> _Collected data entries_:
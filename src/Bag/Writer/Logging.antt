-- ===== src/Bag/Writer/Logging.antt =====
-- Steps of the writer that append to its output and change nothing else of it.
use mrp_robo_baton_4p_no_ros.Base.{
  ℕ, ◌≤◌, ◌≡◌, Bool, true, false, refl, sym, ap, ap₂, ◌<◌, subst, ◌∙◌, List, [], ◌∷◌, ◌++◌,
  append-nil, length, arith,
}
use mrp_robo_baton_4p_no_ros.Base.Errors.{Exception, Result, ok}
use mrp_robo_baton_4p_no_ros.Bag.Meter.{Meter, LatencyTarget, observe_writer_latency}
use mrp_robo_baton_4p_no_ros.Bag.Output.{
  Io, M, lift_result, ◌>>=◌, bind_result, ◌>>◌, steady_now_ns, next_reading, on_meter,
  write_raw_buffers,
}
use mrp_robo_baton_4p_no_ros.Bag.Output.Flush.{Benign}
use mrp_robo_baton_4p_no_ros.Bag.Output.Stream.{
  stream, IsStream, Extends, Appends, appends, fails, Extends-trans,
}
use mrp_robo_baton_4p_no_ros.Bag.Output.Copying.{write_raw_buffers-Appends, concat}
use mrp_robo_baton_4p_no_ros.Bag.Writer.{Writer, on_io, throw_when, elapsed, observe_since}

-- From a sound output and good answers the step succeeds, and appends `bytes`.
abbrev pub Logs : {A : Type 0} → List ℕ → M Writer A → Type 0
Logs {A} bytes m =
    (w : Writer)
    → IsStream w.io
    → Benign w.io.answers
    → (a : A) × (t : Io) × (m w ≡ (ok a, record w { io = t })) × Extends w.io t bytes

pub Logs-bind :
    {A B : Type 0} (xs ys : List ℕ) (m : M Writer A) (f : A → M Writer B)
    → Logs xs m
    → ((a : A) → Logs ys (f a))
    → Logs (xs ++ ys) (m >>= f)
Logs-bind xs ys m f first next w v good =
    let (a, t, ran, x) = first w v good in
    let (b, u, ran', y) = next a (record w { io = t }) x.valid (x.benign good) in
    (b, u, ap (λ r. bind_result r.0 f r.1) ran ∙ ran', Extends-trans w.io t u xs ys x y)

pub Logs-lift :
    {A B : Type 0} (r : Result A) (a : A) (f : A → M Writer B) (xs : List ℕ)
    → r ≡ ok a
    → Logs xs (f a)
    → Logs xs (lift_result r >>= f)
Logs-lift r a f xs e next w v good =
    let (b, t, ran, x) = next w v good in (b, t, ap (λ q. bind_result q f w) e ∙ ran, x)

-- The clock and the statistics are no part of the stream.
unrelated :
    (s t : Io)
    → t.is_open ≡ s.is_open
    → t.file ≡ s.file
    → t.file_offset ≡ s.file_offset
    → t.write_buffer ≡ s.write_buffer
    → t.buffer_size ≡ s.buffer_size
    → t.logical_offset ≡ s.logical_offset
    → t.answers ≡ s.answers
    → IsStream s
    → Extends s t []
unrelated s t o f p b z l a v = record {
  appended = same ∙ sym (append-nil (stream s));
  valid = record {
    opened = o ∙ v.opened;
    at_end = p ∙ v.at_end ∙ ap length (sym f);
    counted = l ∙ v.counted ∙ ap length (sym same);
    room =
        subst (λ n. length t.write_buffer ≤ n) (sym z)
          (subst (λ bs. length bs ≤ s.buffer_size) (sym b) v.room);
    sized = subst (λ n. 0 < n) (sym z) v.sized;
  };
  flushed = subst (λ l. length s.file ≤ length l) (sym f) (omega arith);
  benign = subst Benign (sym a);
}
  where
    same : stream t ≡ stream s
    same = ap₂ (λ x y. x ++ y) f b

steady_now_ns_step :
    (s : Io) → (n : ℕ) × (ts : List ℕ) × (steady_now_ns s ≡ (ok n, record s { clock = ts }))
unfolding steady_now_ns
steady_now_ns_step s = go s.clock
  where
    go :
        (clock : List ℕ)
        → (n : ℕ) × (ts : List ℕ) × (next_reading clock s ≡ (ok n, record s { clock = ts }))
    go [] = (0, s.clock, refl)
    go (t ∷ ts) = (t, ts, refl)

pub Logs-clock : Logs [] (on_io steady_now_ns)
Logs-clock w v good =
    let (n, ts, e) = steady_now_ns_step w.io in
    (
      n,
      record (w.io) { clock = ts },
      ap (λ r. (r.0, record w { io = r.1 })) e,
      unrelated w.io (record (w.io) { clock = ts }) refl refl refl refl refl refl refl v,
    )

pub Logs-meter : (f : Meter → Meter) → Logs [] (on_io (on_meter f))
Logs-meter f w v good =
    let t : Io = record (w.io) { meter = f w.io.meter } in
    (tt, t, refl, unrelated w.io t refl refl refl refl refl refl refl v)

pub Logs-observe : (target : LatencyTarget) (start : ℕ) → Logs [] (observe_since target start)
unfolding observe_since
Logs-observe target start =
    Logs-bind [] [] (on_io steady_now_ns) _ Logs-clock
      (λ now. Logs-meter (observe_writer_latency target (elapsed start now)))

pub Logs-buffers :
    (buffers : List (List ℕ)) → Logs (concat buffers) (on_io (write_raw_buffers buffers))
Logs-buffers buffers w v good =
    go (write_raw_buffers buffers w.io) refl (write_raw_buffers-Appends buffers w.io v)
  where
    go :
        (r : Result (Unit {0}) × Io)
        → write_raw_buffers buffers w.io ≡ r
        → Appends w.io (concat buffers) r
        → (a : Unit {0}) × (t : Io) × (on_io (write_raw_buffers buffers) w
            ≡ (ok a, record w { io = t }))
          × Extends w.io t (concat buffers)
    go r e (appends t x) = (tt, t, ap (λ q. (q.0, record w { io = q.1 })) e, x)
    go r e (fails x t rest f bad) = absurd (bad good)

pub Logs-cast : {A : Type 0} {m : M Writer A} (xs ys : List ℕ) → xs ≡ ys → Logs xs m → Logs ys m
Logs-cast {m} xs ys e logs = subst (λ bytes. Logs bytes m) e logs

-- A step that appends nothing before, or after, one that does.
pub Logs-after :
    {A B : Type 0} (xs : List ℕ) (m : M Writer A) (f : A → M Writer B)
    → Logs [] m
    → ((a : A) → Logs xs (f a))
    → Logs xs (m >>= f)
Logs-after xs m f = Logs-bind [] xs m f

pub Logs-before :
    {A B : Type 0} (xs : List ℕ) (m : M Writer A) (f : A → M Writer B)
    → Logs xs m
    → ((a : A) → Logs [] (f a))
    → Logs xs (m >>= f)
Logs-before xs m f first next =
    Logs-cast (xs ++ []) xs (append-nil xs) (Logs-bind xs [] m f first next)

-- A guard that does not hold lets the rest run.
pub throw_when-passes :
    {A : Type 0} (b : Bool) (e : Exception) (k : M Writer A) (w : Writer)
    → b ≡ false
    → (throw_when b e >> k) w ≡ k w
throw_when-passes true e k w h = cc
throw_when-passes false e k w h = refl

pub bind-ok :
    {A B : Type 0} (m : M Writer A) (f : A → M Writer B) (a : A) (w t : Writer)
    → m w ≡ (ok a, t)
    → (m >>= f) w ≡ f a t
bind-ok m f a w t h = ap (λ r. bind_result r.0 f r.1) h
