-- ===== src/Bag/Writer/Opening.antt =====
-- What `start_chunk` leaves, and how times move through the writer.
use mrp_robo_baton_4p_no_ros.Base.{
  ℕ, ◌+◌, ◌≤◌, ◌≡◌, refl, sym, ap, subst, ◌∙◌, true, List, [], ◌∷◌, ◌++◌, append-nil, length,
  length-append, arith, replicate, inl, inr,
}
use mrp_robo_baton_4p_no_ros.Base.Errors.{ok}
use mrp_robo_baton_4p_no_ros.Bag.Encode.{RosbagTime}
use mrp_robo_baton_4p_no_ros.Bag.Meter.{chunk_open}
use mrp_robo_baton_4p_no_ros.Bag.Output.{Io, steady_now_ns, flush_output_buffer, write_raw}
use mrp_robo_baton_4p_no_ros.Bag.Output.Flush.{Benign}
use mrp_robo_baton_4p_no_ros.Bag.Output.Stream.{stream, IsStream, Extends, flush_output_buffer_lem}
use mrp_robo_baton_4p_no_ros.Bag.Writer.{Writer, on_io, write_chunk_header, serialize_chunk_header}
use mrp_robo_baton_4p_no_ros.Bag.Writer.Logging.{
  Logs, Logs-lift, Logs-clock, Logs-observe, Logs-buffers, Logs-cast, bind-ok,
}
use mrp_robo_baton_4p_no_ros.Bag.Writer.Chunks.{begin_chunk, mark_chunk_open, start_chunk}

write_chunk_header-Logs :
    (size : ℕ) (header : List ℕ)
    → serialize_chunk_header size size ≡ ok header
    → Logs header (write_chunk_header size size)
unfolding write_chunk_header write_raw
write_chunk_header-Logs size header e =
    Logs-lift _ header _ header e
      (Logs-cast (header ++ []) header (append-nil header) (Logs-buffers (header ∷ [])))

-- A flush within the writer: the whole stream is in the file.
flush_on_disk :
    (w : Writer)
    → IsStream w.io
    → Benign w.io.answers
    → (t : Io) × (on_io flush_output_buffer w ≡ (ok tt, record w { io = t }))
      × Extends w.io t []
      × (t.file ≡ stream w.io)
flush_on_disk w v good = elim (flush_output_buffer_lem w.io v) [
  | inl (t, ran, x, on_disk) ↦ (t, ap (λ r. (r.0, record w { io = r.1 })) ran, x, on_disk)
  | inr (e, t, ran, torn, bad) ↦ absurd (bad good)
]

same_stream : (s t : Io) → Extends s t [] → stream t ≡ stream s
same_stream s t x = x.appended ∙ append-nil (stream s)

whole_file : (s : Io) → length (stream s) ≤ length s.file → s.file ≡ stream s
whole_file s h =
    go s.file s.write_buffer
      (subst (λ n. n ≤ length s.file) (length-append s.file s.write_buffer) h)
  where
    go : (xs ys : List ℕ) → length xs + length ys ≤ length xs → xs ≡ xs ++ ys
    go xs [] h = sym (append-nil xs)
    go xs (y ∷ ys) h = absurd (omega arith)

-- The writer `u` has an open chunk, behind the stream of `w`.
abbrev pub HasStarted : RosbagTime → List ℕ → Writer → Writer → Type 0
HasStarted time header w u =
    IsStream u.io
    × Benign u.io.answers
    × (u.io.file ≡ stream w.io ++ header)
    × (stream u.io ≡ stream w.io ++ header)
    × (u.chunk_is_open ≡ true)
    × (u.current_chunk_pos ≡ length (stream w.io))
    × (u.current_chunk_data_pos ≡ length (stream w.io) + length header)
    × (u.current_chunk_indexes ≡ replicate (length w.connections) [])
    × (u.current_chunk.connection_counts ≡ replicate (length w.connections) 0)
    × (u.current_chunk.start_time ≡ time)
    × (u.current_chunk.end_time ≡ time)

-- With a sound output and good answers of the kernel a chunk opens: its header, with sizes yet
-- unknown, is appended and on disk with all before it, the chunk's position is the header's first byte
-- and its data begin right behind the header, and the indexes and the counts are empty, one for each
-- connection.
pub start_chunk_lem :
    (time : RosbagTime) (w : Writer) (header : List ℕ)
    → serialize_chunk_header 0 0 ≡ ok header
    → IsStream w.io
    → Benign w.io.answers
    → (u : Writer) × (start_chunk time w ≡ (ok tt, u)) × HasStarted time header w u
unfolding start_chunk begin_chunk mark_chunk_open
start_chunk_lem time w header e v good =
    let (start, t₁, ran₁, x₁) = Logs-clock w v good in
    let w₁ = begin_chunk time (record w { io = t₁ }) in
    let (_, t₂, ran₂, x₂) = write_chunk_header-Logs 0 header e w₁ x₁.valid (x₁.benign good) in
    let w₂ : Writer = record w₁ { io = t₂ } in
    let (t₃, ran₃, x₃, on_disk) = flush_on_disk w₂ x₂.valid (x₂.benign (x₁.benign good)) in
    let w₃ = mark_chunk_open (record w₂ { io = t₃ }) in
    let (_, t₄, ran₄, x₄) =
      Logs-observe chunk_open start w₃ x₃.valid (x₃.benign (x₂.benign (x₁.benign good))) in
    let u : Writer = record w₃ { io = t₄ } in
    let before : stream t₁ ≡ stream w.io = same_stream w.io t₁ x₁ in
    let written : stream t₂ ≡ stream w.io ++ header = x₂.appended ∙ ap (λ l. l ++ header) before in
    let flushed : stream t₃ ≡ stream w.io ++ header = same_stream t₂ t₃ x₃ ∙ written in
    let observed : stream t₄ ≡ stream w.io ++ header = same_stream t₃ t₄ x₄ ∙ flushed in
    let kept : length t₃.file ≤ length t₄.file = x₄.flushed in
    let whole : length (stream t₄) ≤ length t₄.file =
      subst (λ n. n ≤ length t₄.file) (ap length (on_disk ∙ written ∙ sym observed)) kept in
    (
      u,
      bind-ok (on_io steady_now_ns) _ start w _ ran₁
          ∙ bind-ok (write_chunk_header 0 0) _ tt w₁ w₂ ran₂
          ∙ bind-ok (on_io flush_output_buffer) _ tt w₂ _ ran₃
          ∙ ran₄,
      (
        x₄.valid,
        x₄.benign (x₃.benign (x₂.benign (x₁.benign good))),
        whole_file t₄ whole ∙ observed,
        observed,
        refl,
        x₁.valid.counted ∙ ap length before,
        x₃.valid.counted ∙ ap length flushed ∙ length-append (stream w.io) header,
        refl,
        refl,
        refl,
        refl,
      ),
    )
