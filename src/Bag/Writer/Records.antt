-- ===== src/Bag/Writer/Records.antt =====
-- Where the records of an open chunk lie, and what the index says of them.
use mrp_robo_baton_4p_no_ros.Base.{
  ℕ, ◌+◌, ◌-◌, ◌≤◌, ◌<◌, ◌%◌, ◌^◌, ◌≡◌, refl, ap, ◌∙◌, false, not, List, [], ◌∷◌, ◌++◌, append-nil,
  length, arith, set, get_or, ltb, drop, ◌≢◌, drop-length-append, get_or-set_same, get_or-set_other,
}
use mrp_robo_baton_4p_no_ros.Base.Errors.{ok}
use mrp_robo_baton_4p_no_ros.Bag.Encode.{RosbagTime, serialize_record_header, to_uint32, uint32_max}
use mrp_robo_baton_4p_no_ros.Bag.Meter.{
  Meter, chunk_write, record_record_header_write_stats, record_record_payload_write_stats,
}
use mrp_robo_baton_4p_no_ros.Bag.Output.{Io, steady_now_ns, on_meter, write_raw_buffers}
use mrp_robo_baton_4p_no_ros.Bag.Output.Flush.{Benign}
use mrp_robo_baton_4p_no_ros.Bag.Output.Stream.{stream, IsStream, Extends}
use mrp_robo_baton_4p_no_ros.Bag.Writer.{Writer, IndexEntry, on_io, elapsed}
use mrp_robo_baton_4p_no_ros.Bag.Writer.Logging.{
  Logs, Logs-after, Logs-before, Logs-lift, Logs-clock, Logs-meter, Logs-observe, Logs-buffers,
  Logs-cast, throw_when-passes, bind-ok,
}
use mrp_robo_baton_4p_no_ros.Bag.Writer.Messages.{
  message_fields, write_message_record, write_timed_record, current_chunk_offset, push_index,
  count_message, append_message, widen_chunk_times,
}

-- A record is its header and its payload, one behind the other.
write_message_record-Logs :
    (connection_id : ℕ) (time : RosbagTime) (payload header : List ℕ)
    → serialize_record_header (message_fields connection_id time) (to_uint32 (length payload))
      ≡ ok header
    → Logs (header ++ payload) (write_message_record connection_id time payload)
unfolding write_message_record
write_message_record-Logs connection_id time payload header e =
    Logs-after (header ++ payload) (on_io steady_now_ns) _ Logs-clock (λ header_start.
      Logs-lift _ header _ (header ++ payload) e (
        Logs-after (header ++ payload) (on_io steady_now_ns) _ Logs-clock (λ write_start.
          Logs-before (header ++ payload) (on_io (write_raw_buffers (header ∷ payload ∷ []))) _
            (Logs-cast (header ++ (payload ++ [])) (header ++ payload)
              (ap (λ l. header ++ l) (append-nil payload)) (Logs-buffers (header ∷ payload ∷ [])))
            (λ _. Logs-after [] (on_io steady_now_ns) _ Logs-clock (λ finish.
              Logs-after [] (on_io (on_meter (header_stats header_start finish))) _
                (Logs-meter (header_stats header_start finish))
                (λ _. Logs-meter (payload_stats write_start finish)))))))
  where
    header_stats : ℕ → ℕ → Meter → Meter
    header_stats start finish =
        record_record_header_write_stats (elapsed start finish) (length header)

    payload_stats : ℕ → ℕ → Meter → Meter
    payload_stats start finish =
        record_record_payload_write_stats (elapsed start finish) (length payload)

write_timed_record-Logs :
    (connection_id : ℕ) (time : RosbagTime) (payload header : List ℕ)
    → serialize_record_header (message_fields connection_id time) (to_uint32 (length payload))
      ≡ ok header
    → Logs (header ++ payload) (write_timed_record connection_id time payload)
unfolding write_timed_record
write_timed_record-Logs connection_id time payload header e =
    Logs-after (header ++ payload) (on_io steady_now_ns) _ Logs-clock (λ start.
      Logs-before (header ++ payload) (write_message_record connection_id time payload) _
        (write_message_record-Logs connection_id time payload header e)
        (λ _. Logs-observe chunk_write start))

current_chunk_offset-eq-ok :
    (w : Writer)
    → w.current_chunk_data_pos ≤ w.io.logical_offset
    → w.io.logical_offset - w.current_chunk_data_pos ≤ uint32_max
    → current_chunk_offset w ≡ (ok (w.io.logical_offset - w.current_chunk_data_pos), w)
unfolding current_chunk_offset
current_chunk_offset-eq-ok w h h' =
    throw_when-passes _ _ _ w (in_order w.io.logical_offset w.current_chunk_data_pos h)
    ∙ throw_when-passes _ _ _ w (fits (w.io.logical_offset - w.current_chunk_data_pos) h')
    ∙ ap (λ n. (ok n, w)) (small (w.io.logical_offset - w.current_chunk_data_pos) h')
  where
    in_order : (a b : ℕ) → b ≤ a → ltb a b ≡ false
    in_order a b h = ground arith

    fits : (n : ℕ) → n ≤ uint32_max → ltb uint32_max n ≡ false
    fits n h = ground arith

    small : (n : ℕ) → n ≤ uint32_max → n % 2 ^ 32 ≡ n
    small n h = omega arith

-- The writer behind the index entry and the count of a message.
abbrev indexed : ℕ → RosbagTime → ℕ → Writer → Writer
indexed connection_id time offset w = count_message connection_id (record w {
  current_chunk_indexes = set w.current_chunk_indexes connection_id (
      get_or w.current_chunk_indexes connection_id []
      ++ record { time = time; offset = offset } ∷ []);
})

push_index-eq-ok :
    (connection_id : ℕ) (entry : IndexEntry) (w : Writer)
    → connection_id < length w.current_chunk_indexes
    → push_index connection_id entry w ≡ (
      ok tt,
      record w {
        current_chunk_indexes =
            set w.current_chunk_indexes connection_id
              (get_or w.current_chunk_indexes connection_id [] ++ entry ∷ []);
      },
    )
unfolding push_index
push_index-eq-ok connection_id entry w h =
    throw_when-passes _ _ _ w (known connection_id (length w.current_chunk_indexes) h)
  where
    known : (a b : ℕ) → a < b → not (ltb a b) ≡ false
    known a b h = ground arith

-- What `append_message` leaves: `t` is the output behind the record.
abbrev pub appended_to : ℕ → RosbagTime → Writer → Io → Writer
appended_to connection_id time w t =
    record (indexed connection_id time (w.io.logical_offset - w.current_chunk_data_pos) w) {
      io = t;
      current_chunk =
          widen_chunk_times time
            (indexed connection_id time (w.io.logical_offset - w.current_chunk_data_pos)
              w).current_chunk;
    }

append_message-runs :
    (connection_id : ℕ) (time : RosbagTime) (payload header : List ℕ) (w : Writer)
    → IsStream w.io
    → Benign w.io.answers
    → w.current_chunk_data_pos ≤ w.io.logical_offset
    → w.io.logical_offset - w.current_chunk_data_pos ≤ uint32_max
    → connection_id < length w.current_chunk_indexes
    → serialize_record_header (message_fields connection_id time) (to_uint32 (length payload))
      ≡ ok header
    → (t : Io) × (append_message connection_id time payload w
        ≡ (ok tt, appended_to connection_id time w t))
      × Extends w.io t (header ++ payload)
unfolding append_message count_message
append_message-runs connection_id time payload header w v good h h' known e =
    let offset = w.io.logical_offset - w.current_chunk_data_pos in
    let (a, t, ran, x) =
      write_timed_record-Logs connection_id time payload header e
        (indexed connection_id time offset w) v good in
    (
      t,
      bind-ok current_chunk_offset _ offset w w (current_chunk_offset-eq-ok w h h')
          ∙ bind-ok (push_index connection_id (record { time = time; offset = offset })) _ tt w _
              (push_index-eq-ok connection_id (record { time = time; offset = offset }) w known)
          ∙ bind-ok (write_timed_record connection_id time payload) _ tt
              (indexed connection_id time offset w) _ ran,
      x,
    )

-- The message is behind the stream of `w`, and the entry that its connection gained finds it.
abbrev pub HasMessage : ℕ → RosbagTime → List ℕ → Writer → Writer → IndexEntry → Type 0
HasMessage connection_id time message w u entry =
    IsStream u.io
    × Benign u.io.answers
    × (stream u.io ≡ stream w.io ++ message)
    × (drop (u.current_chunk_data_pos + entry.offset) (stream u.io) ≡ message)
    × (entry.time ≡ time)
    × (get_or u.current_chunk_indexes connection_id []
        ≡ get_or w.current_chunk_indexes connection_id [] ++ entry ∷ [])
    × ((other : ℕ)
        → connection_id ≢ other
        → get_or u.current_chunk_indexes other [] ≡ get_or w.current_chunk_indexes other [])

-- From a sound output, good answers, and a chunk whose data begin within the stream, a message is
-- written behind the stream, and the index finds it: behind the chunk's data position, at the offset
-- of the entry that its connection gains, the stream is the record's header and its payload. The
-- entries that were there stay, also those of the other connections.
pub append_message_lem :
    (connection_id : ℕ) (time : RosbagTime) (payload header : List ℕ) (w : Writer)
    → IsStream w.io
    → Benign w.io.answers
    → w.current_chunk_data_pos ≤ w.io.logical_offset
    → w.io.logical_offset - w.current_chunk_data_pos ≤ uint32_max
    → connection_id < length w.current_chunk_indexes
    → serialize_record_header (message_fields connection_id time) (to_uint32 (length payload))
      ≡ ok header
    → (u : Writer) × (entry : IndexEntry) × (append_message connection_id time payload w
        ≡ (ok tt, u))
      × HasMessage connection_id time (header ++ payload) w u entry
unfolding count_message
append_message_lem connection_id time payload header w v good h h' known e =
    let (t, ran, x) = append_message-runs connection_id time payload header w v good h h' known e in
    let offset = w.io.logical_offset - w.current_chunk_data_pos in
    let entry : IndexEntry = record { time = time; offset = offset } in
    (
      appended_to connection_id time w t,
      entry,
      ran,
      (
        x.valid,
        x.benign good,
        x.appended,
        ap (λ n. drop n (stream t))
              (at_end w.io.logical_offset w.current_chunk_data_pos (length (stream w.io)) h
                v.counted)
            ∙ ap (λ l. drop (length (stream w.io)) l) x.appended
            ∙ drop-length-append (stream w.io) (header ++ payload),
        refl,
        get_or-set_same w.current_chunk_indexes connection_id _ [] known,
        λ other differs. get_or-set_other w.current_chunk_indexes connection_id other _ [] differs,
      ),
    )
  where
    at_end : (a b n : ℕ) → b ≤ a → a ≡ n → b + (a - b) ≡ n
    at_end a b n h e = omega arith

> _Problem requirements_: Copy the entries above exactly, but only from the line holding "Logs-after [] (on_io (on_meter" through the line holding "header_stats start finish", both included.

> _Answer_:
              Logs-after [] (on_io (on_meter (header_stats header_start finish))) _
                (Logs-meter (header_stats header_start finish))
                (λ _. Logs-meter (payload_stats write_start finish)))))))
  where
    header_stats : ℕ → ℕ → Meter → Meter
    header_stats start finish =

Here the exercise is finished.